Poutine prévoit de nouvelles offensives, dont un éventuel assaut sur Kiev


Principaux renseignements

  • La Russie prévoit de nouvelles manœuvres offensives visant Kiev et Tchernihiv.
  • L’Ukraine tire parti du relief accidenté et des ponts détruits pour bloquer l’avancée des blindés.
  • La pression interne en Russie s’intensifie, les élites et les citoyens exigeant la fin de la guerre.

Selon Oleksandr Syrskyi, commandant en chef de l’Ukraine, Vladimir Poutine a chargé son état-major d’élaborer des stratégies pour de nouvelles manœuvres offensives, qui pourraient inclure des tentatives de prise de Kiev. Lors d’un entretien accordé à TSN le 30 juin, Syrskyi a révélé que les dirigeants russes évaluaient plusieurs itinéraires possibles pour un nouvel assaut, y compris la possibilité d’utiliser le territoire biélorusse pour cibler la capitale ukrainienne et sa périphérie.
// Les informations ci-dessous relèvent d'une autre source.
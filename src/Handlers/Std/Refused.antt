-- ===== src/Handlers/Std/Refused.antt =====
-- The refusals of WriteDataByIdentifier, over regular files.
use vdiag_server.Base.{
  ◌≤◌, ◌<◌, ◌≡◌, ◌≢◌, ◌⊎◌, inl, inr, refl, true, false, none, some, [], ◌∷◌, replicate, arith,
}
use vdiag_server.Base.Exec.{done}
use vdiag_server.Base.Ptr.{Ptr, block}
use vdiag_server.Can.{CanMessage, byte, put, IsMessage}
use vdiag_server.Os.{Os}
use vdiag_server.Os.Files.{View, IsRegular, SameFiles}
use vdiag_server.Uds.Codes.{Nrc, code, is_positive, UdsError}
use vdiag_server.Uds.Interface.{Locals}
use vdiag_server.Uds.Dispatch.{handle_msg}
use vdiag_server.Uds.Dispatch.Cases.{write_by_identifier}
use vdiag_server.Handlers.Address.Value.{byte-lt}
use vdiag_server.Handlers.DidMap.{DidTable}
use vdiag_server.Handlers.DidMap.Lookup.{HasEntries, last_entry, entries, init_mapping_lem}
use vdiag_server.Handlers.Wrbi.{wrbi_setup, wrbi_pack}
use vdiag_server.Handlers.Std.{Machine, std_handlers}
use vdiag_server.Handlers.Std.ById.{named_did, request_did_lem, with_globals}

-- Why a request is refused: for its length, for the session, or for the want of an entry.
abbrev pub IsRefused : {F : Type 0} → Machine F → CanMessage → Nrc → Type 0
IsRefused m req rc =
    ((req.usz < 3) × (rc ≡ Nrc.incorrect_msg_len_or_format))
    ⊎ (((3 ≤ req.usz) × (m.uds.uses ≢ 3) × (rc ≡ Nrc.service_not_supported_in_session))
        ⊎ ((3 ≤ req.usz)
            × (m.uds.uses ≡ 3)
            × (last_entry (entries m.uds.ecucfg) (named_did req) ≡ none)
            × (rc ≡ Nrc.request_out_of_range)))

negative :
    {F : Type 0} (m : Machine F) (req : CanMessage) (rc : Nrc)
    → IsRefused m req rc
    → is_positive rc ≡ false
unfolding code
negative m req rc (inl (short, is_rc)) = rw is_rc refl
negative m req rc (inr (inl (long, shut, is_rc))) = rw is_rc refl
negative m req rc (inr (inr (long, extended, missing, is_rc))) = rw is_rc refl

module _ (os : Os) (v : View os) (reg : IsRegular os v) (stale : Ptr → Ptr) (l : Locals) where
  setup_refused :
      (m : Machine os.State) (req : CanMessage) (rc : Nrc)
      → IsMessage req
      → HasEntries m.uds.ecucfg
      → IsRefused m req rc
      → let garbage = l.wrbi_param in
        (t : os.State) × (table : DidTable) × (wrbi_setup os
            (some m.uds)
            req
            (some garbage)
            m.globals
          ≡ done (
            (rc, some (record garbage { pdata = block (replicate 4096 0) })),
            record { fs = t; dids = table },
          ))
        × SameFiles v m.globals.fs t
  unfolding wrbi_setup
  setup_refused m req rc msg counted why =
      let (table, filled, looked) = init_mapping_lem m.uds.ecucfg counted in
      let h1 = byte-lt msg 1 in
      let h2 = byte-lt msg 2 in
      let did = request_did_lem msg in
      let found = looked (named_did req) (omega arith) in
      let (got, same) = reg.calloc_ok 4096 m.globals.fs (omega arith) in
      (
        (os.calloc 4096 m.globals.fs).1,
        table,
        elim why [
          | inl (short, is_rc) ↦ ground (arith, filled, got, short, is_rc)
          | inr (inl (long, shut, is_rc)) ↦ ground (arith, filled, got, long, shut, is_rc)
          | inr (inr (long, extended, missing, is_rc)) ↦
              let miss : (table (named_did req)).valid ≡ 0 = rw (found, missing) refl in
              ground (arith, filled, did, got, long, extended, miss, is_rc)
        ],
        same,
      )

  -- Such a request is answered by 7F 2E and the code, and no file changes.
  pub write_by_identifier_refused :
      (m : Machine os.State) (req presp : CanMessage) (rc : Nrc)
      → IsMessage req
      → 0 < req.usz
      → byte req 0 ≡ 0x2e
      → HasEntries m.uds.ecucfg
      → IsRefused m req rc
      → (t : os.State) × (table : DidTable) × (handle_msg
            (std_handlers os stale)
            l
            true
            req
            (some presp)
            m
          ≡ done (
            (UdsError.no_error, some (put presp (0x7f ∷ 0x2e ∷ code rc ∷ []) 3)),
            with_globals m t table,
          ))
        × SameFiles v m.globals.fs t
  unfolding wrbi_pack code
  write_by_identifier_refused m req presp rc msg some_byte sid counted why =
      let (t, table, set_up, same) = setup_refused m req rc msg counted why in
      let refused = negative m req rc why in
      (
        t,
        table,
        rw (write_by_identifier (std_handlers os stale) l req presp some_byte m sid)
            (ground (arith, set_up, refused)),
        same,
      )
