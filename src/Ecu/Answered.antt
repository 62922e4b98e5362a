-- ===== src/Ecu/Answered.antt =====
-- The server's answers to commands without data.
use vdiag_server.Handlers.DidMap.Lookup.{HasEntries}
use vdiag_server.Base.{ℕ, ◌≡◌, ◌∙◌, inl, inr, refl, ap, sym, true, some, List, [], ◌∷◌, arith}
use vdiag_server.Base.Ptr.{Ptr}
use vdiag_server.Can.{CanMessage, byte, payload}
use vdiag_server.Config.{EcuConfig}
use vdiag_server.Os.{Os}
use vdiag_server.Os.Files.{View, IsRegular}
use vdiag_server.Uds.Interface.{Locals}
use vdiag_server.Handlers.Std.{Machine, std_handlers}
use vdiag_server.Handlers.Std.Session.{
  tester_present_lem, session_control_lem, timing_bytes, tp_reply, dsc_reply,
}
use vdiag_server.Server.{zero_message}
use vdiag_server.Ecu.{Ecu, open_session, tester_present, bad_length, other_service, answer_command}
use vdiag_server.Ecu.Requests.{Asks, Stands, Answered, Fits}
use vdiag_server.Ecu.Promises.{payload-put_zero, put_zero-Fits, zero-Fits, length-timing_bytes}
use mathlib.Core.Path.{subst}
use vdiag_server.Uds.Codes.{UdsError, Nrc, code}
use vdiag_server.Handlers.Std.Refused.{write_by_identifier_refused}
use vdiag_server.Can.{IsMessage}
use vdiag_server.Uds.Dispatch.{handle_msg}
use vdiag_server.Base.Exec.{done}
use vdiag_server.Handlers.Std.ById.{with_globals, read_short_identifier}
use vdiag_server.Can.{put}
use vdiag_server.Uds.Dispatch.Cases.{unknown_service}

module _ (os : Os) (v : View os) (reg : IsRegular os v) (stale : Ptr → Ptr) (c : EcuConfig) where
  pub session_answered :
      (l : Locals) (req : CanMessage) (uses : ℕ) (m : Machine os.State) (e e' : Ecu)
      (bytes : List ℕ)
      → Stands os v c m e
      → Asks req (open_session uses)
      → answer_command c (open_session uses) e ≡ some (bytes, e')
      → Answered os v stale c l req m bytes e'
  unfolding answer_command
  session_answered l req uses m e e' bytes w (sid, two, asked) said =
      let good =
        payload-put_zero (0x50 ∷ byte req 1 ∷ timing_bytes (byte req 1)) 6
          (omega (arith, length-timing_bytes (byte req 1))) (omega arith) in
      let bad = payload-put_zero (0x7f ∷ 0x10 ∷ 0x12 ∷ []) 3 refl (omega arith) in
      let good_fits =
        put_zero-Fits (0x50 ∷ byte req 1 ∷ timing_bytes (byte req 1)) 6 (omega arith) in
      let bad_fits = put_zero-Fits (0x7f ∷ 0x10 ∷ 0x12 ∷ []) 3 (omega arith) in
      let ran = session_control_lem os stale l m req zero_message (omega arith) sid in
      (
        _,
        _,
        _,
        ran,
        ground (arith, good, bad),
        ground (arith, good_fits, bad_fits),
        record {
          config = w.config;
          session = ground arith;
          memory = ground arith;
          spare = ground arith;
        },
      )

  pub tester_answered :
      (l : Locals) (req : CanMessage) (sub : ℕ) (m : Machine os.State) (e e' : Ecu) (bytes : List ℕ)
      → Stands os v c m e
      → Asks req (tester_present sub)
      → answer_command c (tester_present sub) e ≡ some (bytes, e')
      → Answered os v stale c l req m bytes e'
  unfolding answer_command
  tester_answered l req sub m e e' bytes w (sid, two, asked) said =
      let good = payload-put_zero (0x7e ∷ 0x00 ∷ []) 2 refl (omega arith) in
      let bad = payload-put_zero (0x7f ∷ 0x3e ∷ 0x12 ∷ []) 3 refl (omega arith) in
      let good_fits = put_zero-Fits (0x7e ∷ 0x00 ∷ []) 2 (omega arith) in
      let bad_fits = put_zero-Fits (0x7f ∷ 0x3e ∷ 0x12 ∷ []) 3 (omega arith) in
      let ran = tester_present_lem os stale l m req zero_message (omega arith) sid in
      (
        _,
        _,
        _,
        ran,
        ground (arith, good, bad),
        ground (arith, good_fits, bad_fits, zero-Fits),
        record {
          config = w.config;
          session = ground arith;
          memory = ground arith;
          spare = ground arith;
        },
      )

  -- A refusal for the length, after which the machine stands for the same ECU.
  refused_length :
      (l : Locals) (req out : CanMessage) (sid : ℕ) (m m' : Machine os.State) (e e' : Ecu)
      (bytes : List ℕ)
      → handle_msg (std_handlers os stale) l true req (some zero_message) m
        ≡ done ((UdsError.no_error, some out), m')
      → out ≡ put zero_message (0x7f ∷ sid ∷ 0x13 ∷ []) 3
      → Stands os v c m' e
      → answer_command c (bad_length sid) e ≡ some (bytes, e')
      → Answered os v stale c l req m bytes e'
  unfolding answer_command
  refused_length l req out sid m m' e e' bytes ran reply w said =
      let bad = payload-put_zero (0x7f ∷ sid ∷ 0x13 ∷ []) 3 refl (omega arith) in
      (
        _,
        out,
        m',
        ran,
        ap payload reply ∙ bad ∙ ground arith,
        subst Fits (sym reply) (put_zero-Fits (0x7f ∷ sid ∷ 0x13 ∷ []) 3 (omega arith)),
        record {
          config = w.config;
          session = ground arith;
          memory = ground arith;
          spare = ground arith;
        },
      )

  pub length_answered :
      (l : Locals) (req : CanMessage) (sid : ℕ) (m : Machine os.State) (e e' : Ecu) (bytes : List ℕ)
      → HasEntries c
      → IsMessage req
      → Stands os v c m e
      → Asks req (bad_length sid)
      → answer_command c (bad_length sid) e ≡ some (bytes, e')
      → Answered os v stale c l req m bytes e'
  unfolding code
  length_answered l req sid m e e' bytes counted msg w (named, some_byte, inl (inl is_read, short))
        said =
      let (table, ran) =
        read_short_identifier os v reg stale l m req zero_message some_byte short (named ∙ is_read)
          (rw w.config counted) in
      refused_length l req _ sid m (with_globals m m.globals.fs table) e e' bytes ran
        (rw is_read refl)
        (record { config = w.config; session = w.session; memory = w.memory; spare = w.spare }) said
  length_answered l req sid m e e' bytes counted msg w (named, some_byte, inl (inr is_write, short))
        said =
      let (t, table, ran, same) =
        write_by_identifier_refused os v reg stale l m req zero_message
          Nrc.incorrect_msg_len_or_format msg some_byte (named ∙ is_write) (rw w.config counted)
          (inl (short, refl)) in
      refused_length l req _ sid m (with_globals m t table) e e' bytes ran (rw is_write refl)
        (record {
          config = w.config;
          session = w.session;
          memory = same.content c.memory.file_path ∙ w.memory;
          spare = same.spare ∙ w.spare;
        })
        said
  length_answered l req sid m e e' bytes counted msg w
        (named, some_byte, inr (inl is_session, long)) said =
      let ran = session_control_lem os stale l m req zero_message some_byte (named ∙ is_session) in
      refused_length l req (dsc_reply req zero_message) sid m _ e e' bytes ran (ground arith)
        (record { config = w.config; session = ground arith; memory = w.memory; spare = w.spare })
        said
  length_answered l req sid m e e' bytes counted msg w (named, some_byte, inr (inr is_tester, long))
        said =
      let ran = tester_present_lem os stale l m req zero_message some_byte (named ∙ is_tester) in
      refused_length l req (tp_reply req zero_message) sid m m e e' bytes ran (ground arith) w said

  pub other_answered :
      (l : Locals) (req : CanMessage) (sid : ℕ) (m : Machine os.State) (e e' : Ecu) (bytes : List ℕ)
      → Stands os v c m e
      → Asks req (other_service sid)
      → answer_command c (other_service sid) e ≡ some (bytes, e')
      → Answered os v stale c l req m bytes e'
  unfolding answer_command
  other_answered l req sid m e e' bytes w (named, some_byte) said =
      let ran =
        unknown_service (std_handlers os stale) l req zero_message some_byte m (ground arith)
          (ground arith) (ground arith) (ground arith) (ground arith) (ground arith) in
      (
        _,
        _,
        _,
        ran,
        ground arith,
        put_zero-Fits (0x7f ∷ byte req 0 ∷ 0x11 ∷ []) 0 (omega arith),
        record {
          config = w.config;
          session = ground arith;
          memory = ground arith;
          spare = ground arith;
        },
      )
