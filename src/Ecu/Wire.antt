-- ===== src/Ecu/Wire.antt =====
-- The ECU behind its socket: what arrives in the rounds of uds_server/src/uds_server.c and what is
-- sent. The network is the parameter, with what the server relies on when no call of it fails but
-- `select`.
use vdiag_server.Base.{ℕ, ◌≤◌, ◌<◌, ◌≡◌, false, true, Bool, List, [], ◌∷◌, ◌++◌, length, All}
use vdiag_server.Base.Word.{is_negative}
use vdiag_server.Can.{CanMessage, put}
use vdiag_server.Can.Socket.{Net}
use vdiag_server.Server.{zero_message}
use vdiag_server.Config.{EcuConfig}
use vdiag_server.Uds.Interface.{Locals}
use vdiag_server.Ecu.{Command}
use vdiag_server.Ecu.Requests.{Asks, Ready}

-- What a round finds: nothing before the timeout, an error of `select`, or a message, and then whether
-- the socket can be written to before the timeout.
pub data Arrival : Type 0 where
  timeout interrupted : Arrival
  message : List ℕ → Bool → Arrival

pub record Line (net : Net) : Type 0 where
  -- What the next rounds find, and the messages that were sent.
  pub due : net.State → List Arrival
  pub sent : net.State → List (List ℕ)
  -- Whether the socket can be written to.
  pub is_clear : net.State → Bool

pub record Polled (net : Net) (line : Line net) (s t : net.State) (rest : List Arrival)
    : Type 0 where
  pub due : line.due t ≡ rest
  pub sent : line.sent t ≡ line.sent s

-- The documented behaviour of `select`, `read` and `write` on one connected socket, whose
-- descriptor `select` can watch.
pub record Delivers (net : Net) (line : Line net) (fd : ℕ) : Type 0 where
  pub watched : fd < net.fd_setsize
  pub select_timeout :
      (sec usec : ℕ) (s : net.State) (rest : List Arrival)
      → line.due s ≡ timeout ∷ rest
      → ((net.select_read fd sec usec s).0 ≡ 0)
        × Polled net line s (net.select_read fd sec usec s).1 rest
  pub select_interrupted :
      (sec usec : ℕ) (s : net.State) (rest : List Arrival)
      → line.due s ≡ interrupted ∷ rest
      → (is_negative (net.select_read fd sec usec s).0 ≡ true)
        × Polled net line s (net.select_read fd sec usec s).1 rest
  pub select_message :
      (sec usec : ℕ) (s : net.State) (m : List ℕ) (clear : Bool) (rest : List Arrival)
      → line.due s ≡ message m clear ∷ rest
      → ((net.select_read fd sec usec s).0 ≡ 1)
        × Polled net line s (net.select_read fd sec usec s).1 (message m clear ∷ rest)
  pub read_ok :
      (n : ℕ) (s : net.State) (m : List ℕ) (clear : Bool) (rest : List Arrival)
      → line.due s ≡ message m clear ∷ rest
      → length m ≤ n
      → let (r, out, t) = net.read fd n s in
        (r ≡ length m) × (out ≡ m) × (line.is_clear t ≡ clear) × Polled net line s t rest
  pub select_write_timeout :
      (sec usec : ℕ) (s : net.State)
      → line.is_clear s ≡ false
      → ((net.select_write fd sec usec s).0 ≡ 0)
        × Polled net line s (net.select_write fd sec usec s).1 (line.due s)
  pub select_write_ok :
      (sec usec : ℕ) (s : net.State)
      → line.is_clear s ≡ true
      → ((net.select_write fd sec usec s).0 ≡ 1)
        × Polled net line s (net.select_write fd sec usec s).1 (line.due s)
  pub write_ok :
      (bs : List ℕ) (s : net.State)
      → let (r, t) = net.write fd bs s in
        (r ≡ length bs) × (line.due t ≡ line.due s) × (line.sent t ≡ line.sent s ++ (bs ∷ []))

-- The message as the server holds it.
abbrev pub message_of : List ℕ → CanMessage
message_of bs = put zero_message bs (length bs)

-- A message of one to 4096 bytes that stands for a command.
pub record Carries (bs : List ℕ) (c : Command) : Type 0 where
  pub some_byte : 0 < length bs
  pub short : length bs ≤ 4096
  pub whole : All (λ b. b < 256) bs
  pub asks : Asks (message_of bs) c

-- What arrives in the rounds stands for the commands, in order, each with what it asks of the
-- uninitialised variables of its round; where nothing arrives, none is asked.
abbrev pub Arrive : EcuConfig → List Locals → List Arrival → List Command → Type 0
Arrive config [] [] [] = Unit
Arrive config [] [] (c ∷ cs) = ⊥
Arrive config [] (a ∷ next) cs = ⊥
Arrive config (l ∷ ls) [] cs = ⊥
Arrive config (l ∷ ls) (timeout ∷ next) cs = Arrive config ls next cs
Arrive config (l ∷ ls) (interrupted ∷ next) cs = Arrive config ls next cs
Arrive config (l ∷ ls) (message bs clear ∷ next) [] = ⊥
Arrive config (l ∷ ls) (message bs clear ∷ next) (c ∷ cs) =
    Carries bs c × Ready config l c × Arrive config ls next cs

-- What is heard of a response: all of it, but nothing of an empty one, or of one that cannot be
-- written.
abbrev pub heard_of : Bool → List ℕ → List (List ℕ)
heard_of clear [] = []
heard_of true (b ∷ bs) = (b ∷ bs) ∷ []
heard_of false (b ∷ bs) = []

-- And of the responses to what arrives.
abbrev pub heard : List Arrival → List (List ℕ) → List (List ℕ)
heard [] rs = []
heard (timeout ∷ next) rs = heard next rs
heard (interrupted ∷ next) rs = heard next rs
heard (message bs clear ∷ next) [] = []
heard (message bs clear ∷ next) (r ∷ rs) = heard_of clear r ++ heard next rs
Analyse des itinéraires d’invasion potentiels

Malgré ces menaces, Syrskyi s’est montré sceptique quant à la possibilité que le gouvernement biélorusse autorise l’utilisation de son territoire comme base de lancement pour une invasion. Au contraire, les renseignements suggèrent que la menace la plus plausible est une attaque partant de la région russe de Briansk et se dirigeant vers Tchernihiv.

L’objectif d’une telle opération serait d’étirer les défenses ukrainiennes en élargissant la zone de combat, contraignant ainsi Kiev à redéployer des troupes provenant d’autres secteurs vitaux du front.

Défense préventive

L’Ukraine a pris des mesures préventives pour atténuer ces risques. À compter du 1er juillet, les autorités ont ordonné l’évacuation de 12 villes frontalières de la région de Tchernihiv, tout en prolongeant des ordres similaires pour sept autres villages précédemment évacués pendant l’hiver.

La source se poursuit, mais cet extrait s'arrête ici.